Assignment:
Within the material below, transcribe exactly the lines from the one holding "chunks-InLines [] h = tt" through the one holding "all_of-IsItem [] h = tt", keeping both ends and skipping the rest.

<<<<

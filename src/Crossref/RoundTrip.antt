-- ===== src/Crossref/RoundTrip.antt =====
-- write_inline_and_ext and CrossrefLookupMap::lookup: what is written is looked up.
use mozsearch.Prelude.{
  ℕ, suc, ◌+◌, ◌-◌, ◌≤◌, ◌<◌, ◌≡◌, refl, sym, ap, subst, ◌∙◌, true, false, Option, some, List, [],
  ◌∷◌, ◌++◌, ◌==◌, list_eq, if◌then◌else◌, if-elim, length, length-append, All, All-append,
  append_assoc, Bool-cases, inl, inr,
}
use mozsearch.Identifiers.{bytes_ltb}
use mozsearch.Crossref.Entries.{IsEntry, NoNewline, file, IsSorted, payload_of}
use mozsearch.Crossref.Bisect.{bisect_for_payload-payload_of}
use mozsearch.Crossref.Payload.{
  usize_mod, LookupResult, null, value, lookup_payload, lookup_crossref,
}
use mozsearch.Crossref.Hex.{to_hex-IsPlain}
use mozsearch.Crossref.Merge.{merge_chunks, merge_extra, write_chunks}
use mozsearch.Crossref.Adjusted.{all_of, InLines, NoNewline-plain}
use mozsearch.Crossref.Merged.{merge_chunks-write_all}
use mozsearch.Crossref.Chunk.{write_all-out, write_all-ext_out}
use mozsearch.Crossref.Writer.{no_files, hex, id_line, inline_line, write_all}
use mozsearch.Crossref.Written.{
  is_external, payload_at_offset, extra_text, entries_from, extra_of, item_read,
}

payload_at_offset-IsEntry :
    (offset : ℕ) (id json : List ℕ)
    → NoNewline id
    → NoNewline json
    → IsEntry (record { symbol = id; payload = payload_at_offset true offset id json })
payload_at_offset-IsEntry offset id json hi hj =
    let b = offset + length (id_line id) + 1 in
    let n = length (inline_line json) - 1 in
    if-elim (λ payload. IsEntry (record { symbol = id; payload = payload })) (is_external json)
      (λ q. record {
        first = b'@';
        rest = hex b ++ (b' ' ∷ hex n);
        payload_eq = refl;
        not_id = refl;
        one_line = hi;
        payload_line = (
          refl,
          All-append (λ c. (c == b'\n') ≡ false) (hex b) (b' ' ∷ hex n)
              (NoNewline-plain (hex b) (to_hex-IsPlain (suc b) b [] tt))
              (refl, NoNewline-plain (hex n) (to_hex-IsPlain (suc n) n [] tt)),
        );
      })
      (λ q. record {
        first = b':';
        rest = json;
        payload_eq = refl;
        not_id = refl;
        one_line = hi;
        payload_line = (refl, hj);
      })

module _ {V : Type 0} (to_json : V → List ℕ) (from_slice : List ℕ → Option V) where
  abbrev pub texts : List (List ℕ × V) → List (List ℕ × List ℕ)
  texts [] = []
  texts ((id, v) ∷ items) = (id, to_json v) ∷ texts items

  -- A symbol without a newline, and a value whose text has none, is no single byte, and is read
  -- back by the parser.
  pub record IsItem (item : List ℕ × V) : Type 0 where
    pub one_line : NoNewline item.0
    pub json_line : NoNewline (to_json item.1)
    pub two_bytes : 2 ≤ length (to_json item.1)
    pub parsed : from_slice (to_json item.1) ≡ some item.1

  abbrev pub IsAscending : List (List ℕ × V) → Type 0
  IsAscending [] = Unit {0}
  IsAscending (x ∷ items) = All (λ y. bytes_ltb x.0 y.0 ≡ true) items × IsAscending items

  -- The value of a symbol, and null if it has none.
  abbrev pub value_of : List ℕ → List (List ℕ × V) → LookupResult V
  value_of search [] = null
  value_of search ((id, v) ∷ items) = if list_eq id search then value v else value_of search items

  entries-IsEntry :
      (offset : ℕ) (items : List (List ℕ × V))
      → All IsItem items
      → All IsEntry (entries_from true offset (texts items))
  entries-IsEntry offset [] h = tt
  entries-IsEntry offset ((id, v) ∷ items) (h, hs) = (
    payload_at_offset-IsEntry offset id (to_json v) h.one_line h.json_line,
    entries-IsEntry (offset + length (extra_text id (to_json v))) items hs,
  )

  entries_above :
      (id : List ℕ) (offset : ℕ) (items : List (List ℕ × V))
      → All (λ y. bytes_ltb id y.0 ≡ true) items
      → All (λ f. bytes_ltb id f.symbol ≡ true) (entries_from true offset (texts items))
  entries_above id offset [] h = tt
  entries_above id offset ((k, v) ∷ items) (h, hs) =
      (h, entries_above id (offset + length (extra_text k (to_json v))) items hs)

  entries-IsSorted :
      (offset : ℕ) (items : List (List ℕ × V))
      → IsAscending items
      → IsSorted (entries_from true offset (texts items))
  entries-IsSorted offset [] h = tt
  entries-IsSorted offset ((id, v) ∷ items) (h, hs) =
      let next = offset + length (extra_text id (to_json v)) in
      (entries_above id next items h, entries-IsSorted next items hs)

  entries_read :
      (search p : List ℕ) (items : List (List ℕ × V)) (extra : List ℕ)
      → extra ≡ p ++ extra_of (texts items)
      → length extra < usize_mod
      → All IsItem items
      → lookup_payload from_slice extra
          (payload_of search (entries_from true (length p) (texts items)))
        ≡ some (value_of search items)
  unfolding lookup_payload
  entries_read search p [] extra e h w = refl
  entries_read search p ((id, v) ∷ items) extra e h (w, ws) =
      elim (Bool-cases (list_eq id search)) [
        | inl q ↦ rw q (
            item_read from_slice p id (to_json v) (extra_of (texts items)) extra v e h w.two_bytes
              w.parsed)
        | inr q ↦
            let more = extra_text id (to_json v) in
            rw q (
              subst
                (λ n.
                  lookup_payload from_slice extra
                    (payload_of search (entries_from true n (texts items)))
                  ≡ some (value_of search items))
                (length-append p more)
                (entries_read search (p ++ more) items extra
                  (e ∙ sym (append_assoc p more (extra_of (texts items)))) h ws))
      ]

  -- What one thread writes is looked up.
  lookup_crossref-write_all :
      (items : List (List ℕ × V)) (search : List ℕ)
      → All IsItem items
      → IsAscending items
      → length (write_all true (texts items) no_files).ext_out < usize_mod
      → lookup_crossref from_slice
          (write_all true (texts items) no_files).out
          (write_all true (texts items) no_files).ext_out
          search
        ≡ some (value_of search items)
  unfolding lookup_crossref
  lookup_crossref-write_all items search w o h =
      let f = no_files in
      let es = entries_from true 0 (texts items) in
      let extra = (write_all true (texts items) f).ext_out in
      let found =
        bisect_for_payload-payload_of es search (entries-IsEntry 0 items w)
          (entries-IsSorted 0 items o) in
      let out_eq : (write_all true (texts items) f).out ≡ file es =
        write_all-out true (texts items) f in
      let read = entries_read search [] items extra (write_all-ext_out true (texts items) f) h w in
      rw out_eq (rw found read)

  abbrev pub chunk_texts : List (List (List ℕ × V)) → List (List (List ℕ × List ℕ))
  chunk_texts [] = []
  chunk_texts (c ∷ cs) = texts c ∷ chunk_texts cs

  texts-append : (xs ys : List (List ℕ × V)) → texts (xs ++ ys) ≡ texts xs ++ texts ys
  texts-append [] ys = refl
  texts-append ((id, v) ∷ xs) ys = ap (λ l. (id, to_json v) ∷ l) (texts-append xs ys)

  all_of-chunk_texts :
      (chunks : List (List (List ℕ × V))) → all_of (chunk_texts chunks) ≡ texts (all_of chunks)
  all_of-chunk_texts [] = refl
  all_of-chunk_texts (c ∷ cs) =
      ap (λ l. texts c ++ l) (all_of-chunk_texts cs) ∙ sym (texts-append c (all_of cs))

  texts-InLines : (items : List (List ℕ × V)) → All IsItem items → InLines (texts items)
  texts-InLines [] h = tt
  texts-InLines (x ∷ items) (h, hs) = ((h.one_line, h.json_line), texts-InLines items hs)

  chunks-InLines :
      (chunks : List (List (List ℕ × V)))
      → All (All IsItem) chunks
      → All InLines (chunk_texts chunks)
  chunks-InLines [] h = tt
  chunks-InLines (c ∷ cs) (h, hs) = (texts-InLines c h, chunks-InLines cs hs)

  all_of-IsItem :
      (chunks : List (List (List ℕ × V))) → All (All IsItem) chunks → All IsItem (all_of chunks)
  all_of-IsItem [] h = tt
  all_of-IsItem (c ∷ cs) (h, hs) = All-append IsItem c (all_of cs) h (all_of-IsItem cs hs)

  -- Values under symbols in ascending order are divided into chunks in any way, a thread writes
  -- the two files of each chunk by `write_inline_and_ext`, and the files are merged. Then the merge
  -- does not panic, and `lookup` finds in the two merged files the value of a symbol, whether it is
  -- stored inline or externally, and null for any other symbol, without a panic or an error; if
  -- symbols and values have no newline, values have two bytes or more, the parser reads them back,
  -- and the second file, as one thread writes it, has fewer than 2^64 bytes.
  pub lookup_crossref-merge_chunks :
      (chunks : List (List (List ℕ × V))) (search : List ℕ)
      → All (All IsItem) chunks
      → IsAscending (all_of chunks)
      → length (write_all true (texts (all_of chunks)) no_files).ext_out < usize_mod
      → (out : List ℕ) × (merge_chunks (write_chunks (chunk_texts chunks)) ≡ some out)
        × (lookup_crossref from_slice out (merge_extra (write_chunks (chunk_texts chunks))) search
            ≡ some (value_of search (all_of chunks)))
  lookup_crossref-merge_chunks chunks search w o h =
      let same = all_of-chunk_texts chunks in
      let one = write_all true (texts (all_of chunks)) no_files in
      let m =
        merge_chunks-write_all (chunk_texts chunks) (chunks-InLines chunks w)
          (subst (λ l. length (write_all true l no_files).ext_out < usize_mod) (sym same) h) in
      let extra : merge_extra (write_chunks (chunk_texts chunks)) ≡ one.ext_out =
        m.1 ∙ ap (λ l. (write_all true l no_files).ext_out) same in
      (
        one.out,
        m.0 ∙ ap (λ l. some (write_all true l no_files).out) same,
        ap (λ l. lookup_crossref from_slice one.out l search) extra
            ∙ lookup_crossref-write_all (all_of chunks) search (all_of-IsItem chunks w) o h,
      )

>>>>

Finished exercise:
  chunks-InLines [] h = tt
  chunks-InLines (c ∷ cs) (h, hs) = (texts-InLines c h, chunks-InLines cs hs)

  all_of-IsItem :
      (chunks : List (List (List ℕ × V))) → All (All IsItem) chunks → All IsItem (all_of chunks)
  all_of-IsItem [] h = tt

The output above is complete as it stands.